Firstly, Audax UK uses a minimum speed of 10-12.5km/h for BPs, 15km/h for short BRs falling to 8⅓kph for long ones, and 12.5km/h for RMs, so the fastest minimum is less than 10mph so why "must be able to average 12mph"? https://audax.uk/about-audax/classifications/

Secondly, 15mph requires 68% more power than 12mph according to bikecalculator.com. I'd call that pretty different. As for "in a bunch" making it easier, I think it'd be 25% more power required even with perfect slipstreaming, and it wouldn't save that much because only a fool would ride in an unknown group without safe stopping distance in front of them (I definitely wouldn't, based on some of the awful cyclecraft I've seen from road clubs around here), plus that might not even be a gain because I think we don't know if DT rides audaxes alone or in small groups anyway.


----------



## yello (17 Nov 2021)

mjr said:


> so why "must be able to average 12mph"



To give decent time for cake eating? Any true audaxer knows that!


----------



## ebikeerwidnes (17 Nov 2021)

Personally I have no interest in a group ride witha speed of 15 mph plus

My cycling is basically wandering around the countryside on my ebike so I can look at teh scenery, birds, animals and all that stuff

If I could fine a group that wanted the same thing (with or without motors) then I would love to give it a go - whether it is mainly women or men is not something I am really bothered about
Stops for tea and cake would also be a nice addition!!!

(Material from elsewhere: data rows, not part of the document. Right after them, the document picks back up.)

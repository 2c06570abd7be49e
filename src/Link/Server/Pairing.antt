-- ===== src/Link/Server/Pairing.antt =====
-- link/server.go: HostService, the handlers that a device calls before it has a session. Each
-- answers with a response or an error, and the server it leaves.
pub mod Enrolment
pub mod Sessions
use rook_host.Base.{Option, none, some, Bool, not, List, [], ◌∷◌, length, ◌==◌, if◌then◌else◌}
use rook_host.Base.Bytes.{Bytes, codes, str_eq}
use rook_host.Base.Time.{Time}
use rook_host.Base.Result.{Result, ok, err}
use rook_host.Crypto.{Crypto}
use rook_host.Identity.Ids.{device_id_for}
use rook_host.Identity.Sign.{verify_pair_proof, verify_auth}
use rook_host.Registry
use rook_host.Registry.Book.{Device, default_capabilities, revoked}
use rook_host.Registry.Storage.{JsonCodec}
use rook_host.Base.Disk.{Fault}
use rook_host.Pairing.Window.{open_now, redeem}
use rook_host.Link.Tokens
use rook_host.Link.Nonces
use rook_host.Link.Errors.{
  LinkError, wrong_protocol, bad_device_key, bad_proof, no_pairing_window, not_registered,
  unknown_or_revoked, no_random, bad_challenge, bad_challenge_signature,
}
use rook_host.Link.Server.Display.{clip_display}
use rook_host.Link.Server.{Server, Host, host_id, drop_sessions}

abbrev pub protocol_version : Bytes
protocol_version = codes "rook-link/1"

pub record HostInfo : Type 0 where
  pub host_id : Bytes
  pub host_name : Bytes
  pub trust_domain_id : Bytes
  pub protocol_versions : List Bytes
  pub pairing_open : Bool
  pub host_public_key : Bytes

pub record PairRequest : Type 0 where
  pub protocol_version : Bytes
  pub device_public_key : Bytes
  pub pairing_secret : Bytes
  pub proof : Bytes
  pub device_name : Bytes
  pub device_model : Bytes
  pub requested_capabilities : List Bytes

pub record PairResponse : Type 0 where
  pub device_id : Bytes
  pub host_id : Bytes
  pub trust_domain_id : Bytes
  pub host_public_key : Bytes
  pub granted_capabilities : List Bytes

pub record ChallengeResponse : Type 0 where
  pub nonce : Bytes
  pub expires_at : Time

pub record AuthRequest : Type 0 where
  pub device_id : Bytes
  pub nonce : Bytes
  pub signature : Bytes

pub record AuthResponse : Type 0 where
  pub session_token : Bytes
  pub expires_at : Time
  pub capabilities : List Bytes
  pub trust_domain_id : Bytes

-- `if len(caps) == 0 { caps = registry.DefaultCapabilities }`
abbrev pub requested : PairRequest → List Bytes
requested m =
    if length m.requested_capabilities == 0 then default_capabilities else m.requested_capabilities

-- granted.Capabilities, of the zero Device where there is none.
abbrev pub capabilities_of : Option Device → List Bytes
capabilities_of none = []
capabilities_of (some d) = d.capabilities

module _ (crypto : Crypto) (json : JsonCodec) (host : Host) where
  -- GetHostInfo
  unfoldable pub get_host_info : Server → Time → HostInfo
  get_host_info s now = record {
    host_id = host_id crypto json host;
    host_name = host.host_name;
    trust_domain_id = host.trust_domain_id;
    protocol_versions = protocol_version ∷ [];
    pairing_open = open_now s.pairs now;
    host_public_key = host.public_key;
  }

  -- The Device that Pair registers.
  abbrev pub new_device : PairRequest → Time → Device
  new_device m now = record {
    id = device_id_for crypto m.device_public_key;
    name = clip_display m.device_name;
    model = clip_display m.device_model;
    public_key = m.device_public_key;
    capabilities = requested m;
    paired_at = now;
    last_seen_at = 0;
    revoked_at = none;
  }

  -- Pair, once the secret is redeemed.
  unfoldable pub register :
      Server → PairRequest → Time → Fault → Result LinkError PairResponse × Server
  unfolding drop_sessions
  register s m now fault =
      let d = new_device m now in
      let (result, reg') = Registry.add json s.reg d fault in
      elim result [
        | err e ↦ (err (not_registered e), record s { reg = reg' })
        | ok _ ↦ (
          ok (record {
            device_id = d.id;
            host_id = host_id crypto json host;
            trust_domain_id = host.trust_domain_id;
            host_public_key = host.public_key;
            granted_capabilities = capabilities_of (Registry.get reg' d.id);
          }),
          drop_sessions (record s { reg = reg' }) d.id,
        )
      ]

  -- Pair, once the proof is verified.
  unfoldable pub redeem_and_register :
      Server → PairRequest → Time → Time → Fault → Result LinkError PairResponse × Server
  unfolding register
  redeem_and_register s m redeemed_at paired_at fault =
      let (redeemed, pairs') = redeem s.pairs m.pairing_secret redeemed_at in
      if redeemed
      then register (record s { pairs = pairs' }) m paired_at fault
      else (err no_pairing_window, record s { pairs = pairs' })

  -- Pair
  unfoldable pub pair :
      Server → PairRequest → Time → Time → Fault → Result LinkError PairResponse × Server
  unfolding redeem_and_register
  pair s m redeemed_at paired_at fault =
      if not (str_eq m.protocol_version protocol_version)
      then (err wrong_protocol, s)
      else if not (length m.device_public_key == 32)
      then (err bad_device_key, s)
      else if not (
          verify_pair_proof crypto m.device_public_key (host_id crypto json host) m.pairing_secret
            m.proof)
      then (err bad_proof, s)
      else redeem_and_register s m redeemed_at paired_at fault

  -- `d, ok := s.reg.Get(id)` and the refusal `!ok || d.Revoked()`.
  abbrev pub live_device : Server → Bytes → Option Device
  live_device s id = elim (Registry.get s.reg id) [
    | none ↦ none
    | some d ↦ if revoked d then none else some d
  ]

  -- Challenge
  unfoldable pub challenge :
      Server → Bytes → Option Bytes → Time → Result LinkError ChallengeResponse × Server
  challenge s id raw now = elim (live_device s id) [
    | none ↦ (err unknown_or_revoked, s)
    | some d ↦
        let (minted, nonces') = Nonces.mint s.nonces raw d.id now in
        elim minted [
          | none ↦ (err no_random, record s { nonces = nonces' })
          | some (n, exp) ↦
              (ok (record { nonce = n; expires_at = exp }), record s { nonces = nonces' })
        ]
  ]

  -- Authenticate, once the challenge is answered: mint the token, then touch the device.
  unfoldable pub open_session :
      Server → Device → Option Bytes → Time → Time → Fault → Result LinkError AuthResponse × Server
  open_session s d raw minted_at touched_at fault =
      let (minted, tokens') = Tokens.mint s.tokens raw d.id minted_at in
      elim minted [
        | none ↦ (err no_random, record s { tokens = tokens' })
        | some (tok, exp) ↦ (
          ok (record {
            session_token = tok;
            expires_at = exp;
            capabilities = d.capabilities;
            trust_domain_id = host.trust_domain_id;
          }),
          record s { tokens = tokens'; reg = Registry.touch json s.reg d.id touched_at fault },
        )
      ]

  -- Authenticate
  unfoldable pub authenticate :
      Server
      → AuthRequest
      → Option Bytes
      → Time
      → Time
      → Time
      → Fault
      → Result LinkError AuthResponse × Server
  unfolding open_session
  authenticate s m raw consumed_at minted_at touched_at fault = elim (live_device s m.device_id) [
    | none ↦ (err unknown_or_revoked, s)
    | some d ↦
        let (live, nonces') = Nonces.consume s.nonces m.nonce d.id consumed_at in
        let s' = record s { nonces = nonces' } in
        if not live
        then (err bad_challenge, s')
        else if not
            (verify_auth crypto d.public_key (host_id crypto json host) d.id m.nonce m.signature)
        then (err bad_challenge_signature, s')
        else open_session s' d raw minted_at touched_at fault
  ]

I have never heard of any like that near me - nor do I really know how to look other than a quick DuckDuckGo of it

I am not surprised that a lot of people say there is a lot of clubs that don;t really welcome female riders - I have seen the same in sailing clubs over the years = one place had a female member ship fee at 50% of the main member ship fee (see the concept there??) but they were 'expected' to lend a hand for the 'after sail' cakes and tea every weekend and very few, if any, women actually sailed.
Still - the cakes were nice!


----------



## matticus (17 Nov 2021)

mjr said:


> Firstly, Audax UK uses a minimum speed of 10-12.5km/h for BPs, 15km/h for short BRs falling to 8⅓kph for long ones, and 12.5km/h for RMs, so the fastest minimum is less than 10mph so why "must be able to average 12mph"? https://audax.uk/about-audax/classifications/
> 
> Secondly, 15mph requires 68% more power than 12mph according to bikecalculator.com. I'd call that pretty different. As for "in a bunch" making it easier, I think it'd be 25% more power required even with perfect slipstreaming, and it wouldn't save that much because only a fool would ride in an unknown group without safe stopping distance in front of them (I definitely wouldn't, based on some of the awful cyclecraft I've seen from road clubs around here), plus that might not even be a gain because I think we don't know if DT rides audaxes alone or in small groups anyway.


This is barely worth answering, but anyway:
- Mr Trousers has completed events at the 15kph limit - the other stuff you quote is a distraction.
- No need to quote URLs - Mr Trousers and I both know the rules.
- If you average 15kph moving, you will not be validated, as you need some time for stops. Then add in some contingency - experienced riders are likely to finish most events with at least some time in hand. This is basic stuff!

And finally, the biggest factor - which I think I mentioned twice? - is terrain. Makes a huge difference to average moving speeds.

EDIT: this is a pointless argument, as we're talking about basically ONE rider and Cyclechat member! Irrelevant to the topic at hand.


----------



## matticus (17 Nov 2021)

p.s. you'll have to take my word for the 12mph ( -vs 10mph) thing - plenty of riders more experienced than me have come up with this estimate, it's not based on any equations, and I won't be giving you a citation. Please just listen to someone that has ridden a few audaxes, eh?


----------



## Ming the Merciless (17 Nov 2021)

Always amuses me that the advertised average speed goes up as the distance goes up. No one runs a marathon faster than their 5k pace. Why is it in cycling clubs they seem to think longer distance merits trying to go faster.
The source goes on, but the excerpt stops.